I like to think that this video is what gave Davros the idea to create Daleks.


----------



## Deset Gled (Sep 14, 2010)

Diamond Cross said:


> Really.
> 
> ...
> 
> I don't understand why people find this kind of thing funny.




I guess we're all having badwrongfunny then. 

In all seriousness, please note that the Jerk With A Heart Of Gold and Deadpan Snarker are well established pillars of modern comedy.  Should we assume you also hate Bart Simpson, Lucy Van Pelt, Bender, Fonzie, and Han Solo, too?


----------



## Relique du Madde (Sep 14, 2010)

So, cat's are naturally predisposed towards being sociopaths?


----------



## Dannyalcatraz (Sep 15, 2010)

No, sociopaths are naturally predisposed to be catlike.


----------



## Diamond Cross (Sep 15, 2010)

> In all seriousness, please note that the Jerk With A Heart Of Gold and Deadpan Snarker  are well established pillars of modern comedy.  Should we assume you  also hate Bart Simpson, Lucy Van Pelt, Bender, Fonzie, and Han Solo,  too?

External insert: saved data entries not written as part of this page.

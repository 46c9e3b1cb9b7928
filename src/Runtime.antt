-- ===== src/Runtime.antt =====
-- internal/server/runtime.go: the exercise runtime of the server. `State` has the data and tables,
-- `Control` what it sends to the other services, `Operations` the methods that change a run,
-- `Grading` the check of an outcome; `Solutions` its tables; the other modules prove.
pub mod State
pub mod Control
pub mod Operations
pub mod WellFormed
pub mod Invariant
pub mod Gating
pub mod Solutions
pub mod Grading
pub mod Outcome
pub mod RunId
pub mod Evidence
pub mod Fleet
pub mod Library
pub mod Composition
pub mod Solvable
pub mod Launch
pub mod Api
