-- ===== src/Server.antt =====
-- internal/server/server.go: what the server lets through and where it sends it. The reverse proxy, the
-- file server and the probes of the other services are parameters.
pub mod Paths
pub mod Origins
pub mod Files
pub mod Relay
pub mod Handler
pub mod Headers
pub mod Tunnels
pub mod Config
pub mod Startup
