-- ===== src/Server/Headers.antt =====
-- The headers that the handler of internal/server/server.go puts on every reply.
use Prim.Native.String.{◌++◌}
use zth_sre.Prelude.{
  String, String_eq, Bool, true, false, [], ◌∷◌, if◌then◌else◌, ◌==◌, ◌≡◌, refl, ◌⊎◌, inl, inr,
  Bool-cases, eq_iff, arith,
}
use zth_sre.Prelude.Strings.{has_prefix, has_prefix_trans}
use zth_sre.Server.Paths.Reach.{apart}
use zth_sre.Server.Handler.{prometheus, route}
use zth_sre.Server.Relay.{Headers}

-- The policy of the pages of the lab, and that of Prometheus, which bootstraps its pages with an inline
-- script.
unfoldable pub strict_policy : String
strict_policy =
    "default-src 'self'; script-src 'self'; style-src 'self' 'unsafe-inline'; img-src 'self' data:; "
    ++ "font-src 'self'; connect-src 'self'; frame-src 'self'; frame-ancestors 'self'; "
    ++ "object-src 'none'; base-uri 'self'; form-action 'self'"

unfoldable pub prometheus_policy : String
prometheus_policy =
    "default-src 'self'; script-src 'self' 'unsafe-inline'; style-src 'self' 'unsafe-inline'; "
    ++ "img-src 'self' data:; font-src 'self'; connect-src 'self'; frame-ancestors 'self'; "
    ++ "object-src 'none'; base-uri 'self'; form-action 'self'"

unfoldable pub policy : String → String
policy path = if has_prefix path "/prometheus/" then prometheus_policy else strict_policy

unfoldable pub reply_headers : String → Headers
unfolding policy
reply_headers path =
    ("Content-Security-Policy", policy path)
    ∷ ("X-Content-Type-Options", "nosniff")
    ∷ ("Referrer-Policy", "no-referrer")
    ∷ ("X-Frame-Options", "SAMEORIGIN")
    ∷ ("Permissions-Policy", "camera=(), microphone=(), geolocation=()")
    ∷ []

-- A path below /prometheus/ is none of the others.
differs :
    (path other : String)
    → has_prefix other "/prometheus/" ≡ false
    → has_prefix path "/prometheus/" ≡ true
    → (path == other) ≡ false
differs path other h k = elim (Bool-cases (path == other)) [
  | inr e ↦ e
  | inl e ↦ let q = (eq_iff path other).0 e in absurd (cc)
]

below-route :
    (running : Bool) (path : String)
    → has_prefix path "/prometheus/" ≡ true
    → route running path ≡ prometheus
unfolding route has_prefix
below-route running path h =
    let a = differs path "/healthz" refl h in
    let b = differs path "/api/status" refl h in
    let c = differs path "/api/runs" refl h in
    let d = differs path "/api/profile" refl h in
    let e = differs path "/terminal" refl h in
    let f = apart path "/prometheus/" "/api/scenarios" refl h in
    let g = apart path "/prometheus/" "/api/run" refl h in
    let i = apart path "/prometheus/" "/api/progress/" refl h in
    let j = apart path "/prometheus/" "/api" refl h in
    let k = apart path "/prometheus/" "/terminal/" refl h in
    let l = has_prefix_trans path "/prometheus/" "/prometheus" h refl in
    ground (arith, a, b, c, d, e, f, g, i, j, k, l)

-- Inline scripts are allowed at most in the replies of Prometheus: the route of every path whose reply
-- has not the strict policy is that of the proxy.
pub policy-route :
    (running : Bool) (path : String)
    → (policy path ≡ strict_policy) ⊎ (route running path ≡ prometheus)
unfolding policy
policy-route running path = elim (Bool-cases (has_prefix path "/prometheus/")) [
  | inl h ↦ inr (below-route running path h)
  | inr h ↦ inl (rw h refl)
]
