-- ===== src/Server/Paths/Resolved.antt =====
-- What a safe path names.
use zth_sre.Prelude.{
  ◌≡◌, refl, inl, inr, String, true, false, ◌||◌, not, List, [], ◌∷◌, ◌==◌, String_eq, arith,
  Bool-cases, if◌then◌else◌,
}
use zth_sre.Prelude.Strings.{has_code, contains, split}
use zth_sre.Server.Paths.{safe_path, no_dots}

-- The parent of a directory, given by its names, the last one first; that of the root is the root.
parent : List String → List String
parent [] = []
parent (name ∷ names) = names

-- Where the parts of a path lead from a directory: an empty part and "." stay, ".." goes up, and any
-- other part is a name below.
pub resolve : List String → List String → List String
unfolding parent
resolve at [] = at
resolve at (part ∷ parts) =
    if part == "" || part == "."
    then resolve at parts
    else if part == ".."
    then resolve (parent at) parts
    else resolve (part ∷ at) parts

-- The names of a path below a directory, with no part left out but the empty ones.
pub below : List String → List String → List String
below at [] = at
below at (part ∷ parts) = if part == "" then below at parts else below (part ∷ at) parts

no_dots-resolve :
    (at parts : List String) → no_dots parts ≡ true → resolve at parts ≡ below at parts
unfolding no_dots resolve below
no_dots-resolve at [] h = refl
no_dots-resolve at (part ∷ parts) h =
    let here = no_dots-resolve at parts in
    let under = no_dots-resolve (part ∷ at) parts in ground (arith, here, under, h)

-- A safe path has no backslash, no NUL and no two slashes in a row, and wherever it starts it leads to
-- the directory or file below that its parts name, never to a parent.
pub safe_path_lem :
    (p : String) (at : List String)
    → safe_path p ≡ true
    → (has_code p 92 ≡ false)
      × (has_code p 0 ≡ false)
      × (contains p "//" ≡ false)
      × (resolve at (split p b'/') ≡ below at (split p b'/'))
unfolding safe_path
safe_path_lem p at h = elim (Bool-cases (has_code p 92)) [
  | inl e ↦ let k : false ≡ true = rw e at h in cc
  | inr e1 ↦ elim (Bool-cases (has_code p 0)) [
    | inl e ↦ let k : false ≡ true = rw (e1, e) at h in cc
    | inr e2 ↦ elim (Bool-cases (no_dots (split p b'/'))) [
      | inr e ↦ let k : false ≡ true = rw (e1, e2, e) at h in cc
      | inl e3 ↦
          let k : not (contains p "//") ≡ true = rw (e1, e2, e3) at h in
          (e1, e2, ground (arith, k), no_dots-resolve at (split p b'/') e3)
    ]
  ]
]
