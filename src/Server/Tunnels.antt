-- ===== src/Server/Tunnels.antt =====
-- The contexts of internal/server/server.go under which terminals are proxied, and `Handler.Close`. A
-- request of a terminal is known by a number.
use zth_sre.Prelude.{
  ℕ, ℕ_eq, Bool, true, false, List, [], ◌∷◌, ◌++◌, elem, elem-append, ◌≡◌, refl, if◌then◌else◌,
  arith,
}

-- Whether `shutdown` is done and the root of the static files is closed, the requests in the proxy, and
-- those whose context was cancelled by `shutdown`.
pub record Tunnels : Type 0 where
  pub shut : Bool
  pub root : Bool
  pub proxied : List ℕ
  pub cancelled : List ℕ

-- After `New`; the root may be missing.
unfoldable pub begin : Bool → Tunnels
begin root = record { shut = false; root = root; proxied = []; cancelled = [] }

-- WithCancel and AfterFunc, which cancels at once where `shutdown` is done.
unfoldable pub enter : ℕ → Tunnels → Tunnels
enter request s = record s {
  proxied = request ∷ s.proxied;
  cancelled = if s.shut then request ∷ s.cancelled else s.cancelled;
}

-- The deferred calls of a request.
unfoldable pub leave : List ℕ → List ℕ → Tunnels → Tunnels
leave front back s = record s { proxied = front ++ back }

-- `Close`
unfoldable pub close : Tunnels → Tunnels
close s = record s { shut = true; root = false; cancelled = s.proxied ++ s.cancelled }

pub data Step : Tunnels → Tunnels → Type 0 where
  enters : (request : ℕ) (s : Tunnels) → Step s (enter request s)
  leaves :
      (request : ℕ) (front back : List ℕ) (s : Tunnels)
      → s.proxied ≡ front ++ request ∷ back
      → Step s (leave front back s)
  closes : (s : Tunnels) → Step s (close s)

pub data Reach : Tunnels → Type 0 where
  here : (root : Bool) → Reach (begin root)
  there : (s next : Tunnels) → Reach s → Step s next → Reach next

-- Every request among the first is one of the second.
abbrev Within : List ℕ → List ℕ → Type 0
Within requests cancelled = (n : ℕ) → elem n requests ≡ true → elem n cancelled ≡ true

-- Once the server is shut, every open request is cancelled, and the root is closed.
abbrev Cancelled : Tunnels → Type 0
Cancelled s = s.shut ≡ true → (s.root ≡ false) × Within s.proxied s.cancelled

append-Within : (xs ys : List ℕ) → Within xs (xs ++ ys)
append-Within xs ys n h = ground (arith, elem-append n xs ys, h)

cons-Within : (x : ℕ) (xs ys : List ℕ) → Within xs ys → Within (x ∷ xs) (x ∷ ys)
cons-Within x xs ys v n h = ground (arith, v n, h)

rest-Within :
    (x : ℕ) (front back ys : List ℕ) → Within (front ++ x ∷ back) ys → Within (front ++ back) ys
rest-Within x front back ys v n h =
    v n (ground (arith, elem-append n front (x ∷ back), elem-append n front back, h))

step-Cancelled : (s next : Tunnels) → Step s next → Cancelled s → Cancelled next
unfolding enter leave close
step-Cancelled _ _ (enters request s) v =
    λ k. let (root, inside) = v k in rw k (root, cons-Within request s.proxied s.cancelled inside)
step-Cancelled _ _ (leaves request front back s e) v = λ k.
    let (root, inside) = v k in (root, rest-Within request front back s.cancelled (rw e at inside))
step-Cancelled _ _ (closes s) v = λ k. (refl, append-Within s.proxied s.cancelled)

-- Once `Handler.Close` was called, the root of the static files is closed, and the context of every
-- terminal in the proxy is cancelled, also where it came in later.
pub Reach-Cancelled :
    (s : Tunnels)
    → Reach s
    → s.shut ≡ true
    → (s.root ≡ false) × ((n : ℕ) → elem n s.proxied ≡ true → elem n s.cancelled ≡ true)
unfolding begin
Reach-Cancelled _ (here root) = λ k. absurd (cc)
Reach-Cancelled _ (there s next r step) = step-Cancelled s next step (Reach-Cancelled s r)
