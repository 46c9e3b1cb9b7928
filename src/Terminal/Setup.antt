-- ===== src/Terminal/Setup.antt =====
-- `New` of internal/terminal/terminal.go and `OriginsFromEnv`, as cmd/toolbox/main.go joins them.
use zth_sre.Prelude.{String, Bool, Option, none, some, List, if◌then◌else◌}
use zth_sre.Prelude.Chain.{◌>>=◌}
use zth_sre.Http.{Url}
use zth_sre.Server.Origins.{Allowed, parse_origins}
use zth_sre.Server.Config.{origins_from_env}
use zth_sre.Terminal.{Agent, init}

-- An agent with the origins that it allows.
pub record Service : Type 0 where
  pub origins : List String
  pub agent : Agent

-- The agent for what ParseOrigins allows; `root` is whether os.Geteuid is 0.
unfoldable pub with_origins : Bool → Allowed → Option Service
with_origins root allowed =
    if root then none else some (record { origins = allowed.origins; agent = init })

-- `New`, with none for an error; `parse` is url.Parse.
unfoldable pub new : (String → Option Url) → Bool → List String → Option Service
unfolding with_origins
new parse root origins = parse_origins parse origins >>= (λ allowed. with_origins root allowed)

-- The agent of the command; `getenv` is os.Getenv.
pub toolbox_agent : (String → String) → (String → Option Url) → Bool → Option Service
unfolding new
toolbox_agent getenv parse root = new parse root (origins_from_env getenv)
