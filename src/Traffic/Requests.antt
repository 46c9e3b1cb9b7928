-- ===== src/Traffic/Requests.antt =====
-- Which start requests pass the validation.
use zth_sre.Prelude.{◌↔◌, ◌≡◌, refl, true, none, String_eq, arith, eq_iff}
use zth_sre.Prelude.Map.{get, lookup}
use zth_sre.Traffic.{profiles, StartRequest, valid_run_id, valid_request}

-- A request passes exactly if its id fits the pattern and its profile is the scenario's; a scenario
-- that the table does not name has the empty profile.
pub valid_request_iff :
    (r : StartRequest)
    → (valid_request r ≡ true)
      ↔ ((valid_run_id r.run_id ≡ true) × (get "" r.scenario profiles ≡ r.profile))
unfolding valid_request
valid_request_iff r = (
  λ h. ground (arith, eq_iff (get "" r.scenario profiles) r.profile),
  λ (h, e). ground (arith, eq_iff (get "" r.scenario profiles) r.profile),
)

-- A request for a scenario that the table does not name passes the validation where its id fits the
-- pattern and its profile is empty.
pub valid_request_unknown :
    (r : StartRequest)
    → lookup r.scenario profiles ≡ none
    → r.profile ≡ ""
    → valid_run_id r.run_id ≡ true
    → valid_request r ≡ true
valid_request_unknown r u p i = (valid_request_iff r).1 (i, rw (u, p) refl)
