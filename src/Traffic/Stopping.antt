-- ===== src/Traffic/Stopping.antt =====
-- `handleStart` and `handleStop`.
use zth_sre.Prelude.{
  ◌↔◌, ℕ, ◌+◌, ◌≡◌, ◌≢◌, refl, ap, ◌∙◌, ◌⊎◌, inl, inr, String, Bool, true, false, ◌&&◌, Option,
  none, some, List, [], ◌∷◌, ◌==◌, String_eq, ℕ_eq, arith, elem, Bool-cases, eq_iff,
}
use zth_sre.Http.{Body}
use zth_sre.Traffic.{
  StartRequest, valid_request, Run, Controller, status, start, start_valid, start_reply,
  StartResult, started, run_active, closed_error, spawn_error, handle_start, Reply, error, json,
  same_run, kill_error, Signal, sigterm, sigkill, StopEnv, stop_run, handle_stop,
}
use zth_sre.Traffic.Lifecycle.{World, Reach, begin, Reach-Inv, start_shape, run_for}

-- A JSON request that passes the validation.
abbrev pub Acceptable : Option String → Body StartRequest → StartRequest → Type 0
Acceptable media body request =
    (media ≡ some "application/json")
    × (body.value ≡ some request)
    × (body.at_end ≡ true)
    × (valid_request request ≡ true)

abbrev pub StartOutcome :
    Option String → Body StartRequest → Controller → Controller × Reply → Type 0
StartOutcome media body c (c', reply) =
    (c' ≡ c)
    ⊎ ((request : StartRequest) × (pid : ℕ) × Acceptable media body request
        × (c.closed ≡ false)
        × (c.active ≡ none)
        × (c' ≡ record c { active = some (run_for request c.made pid); made = c.made + 1 })
        × (reply ≡ json 201 (status c')))

start_reply_keeps : (r : Controller × StartResult) → (start_reply r).0 ≡ r.0
unfolding start_reply
start_reply_keeps (c, started s) = refl
start_reply_keeps (c, run_active s) = refl
start_reply_keeps (c, closed_error) = refl
start_reply_keeps (c, spawn_error) = refl

start_json :
    (request : StartRequest) (spawned : Option ℕ) (c : Controller)
    → ((start_reply (start request spawned c)).0 ≡ c)
      ⊎ ((pid : ℕ) × (c.closed ≡ false)
          × (c.active ≡ none)
          × ((start_reply (start request spawned c)).0
              ≡ record c { active = some (run_for request c.made pid); made = c.made + 1 })
          × ((start_reply (start request spawned c)).1
              ≡ json 201 (status (start_reply (start request spawned c)).0)))
unfolding start_reply status
start_json request spawned c = elim (start_shape request spawned c) [
  | inl same ↦ inl (start_reply_keeps (start request spawned c) ∙ same)
  | inr (pid, open_now, free, new) ↦ inr (pid, open_now, free, rw new refl, rw new refl)
]

start_valid_lem :
    (media : String) (body : Body StartRequest) (at_end : Bool) (value : Option StartRequest)
    → body.at_end ≡ at_end
    → body.value ≡ value
    → media ≡ "application/json"
    → (spawned : Option ℕ) (c : Controller)
    → StartOutcome (some media) body c (start_valid at_end value spawned c)
unfolding start_valid
start_valid_lem media body at_end none ea ev m spawned c = inl refl
start_valid_lem media body at_end (some request) ea ev m spawned c =
    elim (Bool-cases (at_end && valid_request request)) [
      | inr bad ↦ rw bad (inl refl)
      | inl good ↦ rw good (elim (start_json request spawned c) [
        | inl same ↦ inl same
        | inr (pid, open_now, free, new, reply) ↦ inr (
          request,
          pid,
          (ap some m, ev, ground (arith, ea), ground arith),
          open_now,
          free,
          new,
          reply,
        )
      ])
    ]

-- `handleStart` either leaves the controller as it was, or makes the requested run: the latter only for
-- a JSON request that passes the validation, in an open controller with no active run, and then it
-- answers 201 with the new status.
pub handle_start_lem :
    (media : Option String) (body : Body StartRequest) (spawned : Option ℕ) (c : Controller)
    → StartOutcome media body c (handle_start media body spawned c)
unfolding handle_start
handle_start_lem none body spawned c = inl refl
handle_start_lem (some media) body spawned c = elim (Bool-cases (media == "application/json")) [
  | inr other ↦ rw other (inl refl)
  | inl is_json ↦
      let e : media ≡ "application/json" = (eq_iff media "application/json").0 is_json in
      rw is_json (start_valid_lem media body body.at_end body.value refl refl e spawned c)
]

abbrev pub killed : List Signal → Bool
killed [] = false
killed (sigterm ∷ l) = killed l
killed (sigkill ∷ l) = true

-- `stopRun` fails exactly if a signal that it sends fails for another reason than that the process
-- group is gone, and it sends SIGKILL exactly if the
-- run was not done at the start, SIGTERM did not fail, and the run did not end in time.
pub stop_run_lem :
    (e : StopEnv)
    → (((stop_run e).0 ≡ false) ↔ (
        (e.done_before ≡ false)
        × ((e.term ≡ kill_error) ⊎ ((e.done_in_time ≡ false) × (e.kill ≡ kill_error)))))
      × ((killed (stop_run e).1 ≡ true)
          ↔ ((e.done_before ≡ false) × (e.term ≢ kill_error) × (e.done_in_time ≡ false)))
unfolding stop_run
stop_run_lem e = ((λ h. ground arith, λ h. ground arith), (λ h. ground arith, λ h. ground arith))

-- In a controller that was reached from the start, a stop of a run answers 500, or answers 200 with
-- the controller's status, and then that run is not active any more. The hypothesis is what a receive
-- from a channel means: where `stopRun` returns nil, the run's channel is closed.
pub handle_stop_lem :
    {w : World} (r : Run) (e : StopEnv)
    → Reach begin w
    → ((stop_run e).0 ≡ true → elem r.serial w.done ≡ true)
    → (handle_stop (some r) e w.controller ≡ error 500)
      ⊎ ((handle_stop (some r) e w.controller ≡ json 200 (status w.controller))
          × (same_run r.serial w.controller.active ≡ false))
unfolding handle_stop
handle_stop_lem {w} r e reach received = elim (Bool-cases (stop_run e).0) [
  | inl ok ↦ inr (rw ok refl, (Reach-Inv reach).gone r.serial (received ok))
  | inr failed ↦ inl (rw failed refl)
]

I hate most of  those people with a passion, Bart Simpson most of all. While Bart is not quite a bully, he still does absolutely nothing out of kindness or empathy for somebody else, but only for his own selfish interests and does not have a heart of gold behind all his actions. And yes, I do not watch the Simpsons either because of my hatred of that character but I did watch a few episodes before I came to my conclusions. Han Solo may have been a jerk at the beginning, but he fell in with the right crowd and did change.


----------